** HOW TO COMPLETE THIS TASK **
From the entries below, gather each line containing the word "Delivery".

** MATERIAL FOR THIS EXERCISE **
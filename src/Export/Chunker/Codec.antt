-- ===== src/Export/Chunker/Codec.antt =====
-- A host that never fails, over any stream compressor, and the log of what the sink received. The
-- encoder of openvtld/internal/export/tarchunk.go is klauspost's zstd: what is assumed of it is the
-- round trip of one frame.
use open_vtl.Prelude.{
  ℕ, suc, String, ◌≡◌, refl, none, List, [], ◌∷◌, ◌++◌, append-nil, append_assoc, ap, ◌+◌, arith,
  length,
}
use open_vtl.Export.Chunker.{Host, ChunkResult, done}

-- An encoder that was given `input` has put out `output`.
pub data Fed {E : Type 0} (start : E) (push : E → List ℕ → E × List ℕ)
    : E → List ℕ → List ℕ → Type 0 where
  fresh : Fed start push start [] []
  fed :
      {e : E} {output input : List ℕ}
      → Fed start push e output input
      → (part : List ℕ) → Fed start push (push e part).0 (output ++ (push e part).1) (input ++ part)

pub record Codec : Type 1 where
  pub Encoder : Type 0
  pub start : Encoder
  pub push : Encoder → List ℕ → Encoder × List ℕ
  pub flush : Encoder → List ℕ
  pub decode : List ℕ → List ℕ
  -- decoding a finished frame gives back what was written to it
  pub round_trip :
      {e : Encoder} {output input : List ℕ}
      → Fed start push e output input
      → decode (output ++ flush e) ≡ input

-- One call of the sink: its argument and the content of the staging file.
pub record Delivery : Type 0 where
  pub result : ChunkResult
  pub content : List ℕ

abbrev pub reliable : Codec → (List ℕ → String) → Host
reliable k hash = record {
  World = List Delivery;
  Encoder = k.Encoder;
  ctx_err = λ w. none;
  create_temp = λ w. (done "chunk.tar.zst.tmp", w);
  new_writer = λ w. (done k.start, w);
  enc_write = λ e part w. ((k.push e part).0, (k.push e part).1, none, w);
  enc_close = λ e w. (k.flush e, none, w);
  file_close = λ path w. (none, w);
  remove = λ path w. w;
  hash = hash;
  sink = λ r content w. (none, w ++ record { result = r; content = content } ∷ []);
}

-- The parts of the stream that the deliveries decode to, in order.
unfoldable pub restored : (List ℕ → List ℕ) → List Delivery → List ℕ
restored decode [] = []
restored decode (x ∷ w) = decode x.content ++ restored decode w

-- The deliveries are the chunks `i`, `i + 1`, …, described as they are.
abbrev pub Numbered : (List ℕ → List ℕ) → (List ℕ → String) → ℕ → List Delivery → Type 0
Numbered decode hash i [] = Unit
Numbered decode hash i (x ∷ w) =
    (x.result.idx ≡ i)
    × (x.result.raw_bytes ≡ length (decode x.content))
    × (x.result.stored_bytes ≡ length x.content)
    × (x.result.sha256 ≡ hash x.content)
    × Numbered decode hash (suc i) w

module _ (decode : List ℕ → List ℕ) where
  pub restored-append :
      (w : List Delivery) (x : Delivery)
      → restored decode (w ++ x ∷ []) ≡ restored decode w ++ decode x.content
  unfolding restored
  restored-append [] x = rw append-nil
  restored-append (y ∷ w) x = simp (restored-append w x, append_assoc)

  pub Numbered-append :
      (hash : List ℕ → String) (i j : ℕ) (w : List Delivery) (x : Delivery)
      → Numbered decode hash i w
      → i + length w ≡ j
      → Numbered decode hash j (x ∷ [])
      → Numbered decode hash i (w ++ x ∷ [])
  Numbered-append hash i j [] x n e last = let e' : j ≡ i = omega arith in rw e' at last
  Numbered-append hash i j (y ∷ w) x n e last =
      (n.0, n.1, n.2, n.3, Numbered-append hash (suc i) j w x n.4 (omega arith) last)

-- The encoder that stores: its frame is its input.
pub identity_round_trip :
    {e : Unit {0}} {output input : List ℕ}
    → Fed {E = Unit {0}} tt (λ e part. (e, part)) e output input
    → output ++ [] ≡ input
identity_round_trip fresh = refl
identity_round_trip (fed f part) =
    rw append-nil (ap (λ t. t ++ part) (rw append-nil at (identity_round_trip f)))

abbrev pub identity_codec : Codec
identity_codec = record {
  Encoder = Unit {0};
  start = tt;
  push = λ e part. (e, part);
  flush = λ e. [];
  decode = λ bytes. bytes;
  round_trip = identity_round_trip;
}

** EXERCISE RESPONSE **
pub record Delivery : Type 0 where
  World = List Delivery;
unfoldable pub restored : (List ℕ → List ℕ) → List Delivery → List ℕ
abbrev pub Numbered : (List ℕ → List ℕ) → (List ℕ → String) → ℕ → List Delivery → Type 0
      (w : List Delivery) (x : Delivery)
      (hash : List ℕ → String) (i j : ℕ) (w : List Delivery) (x : Delivery)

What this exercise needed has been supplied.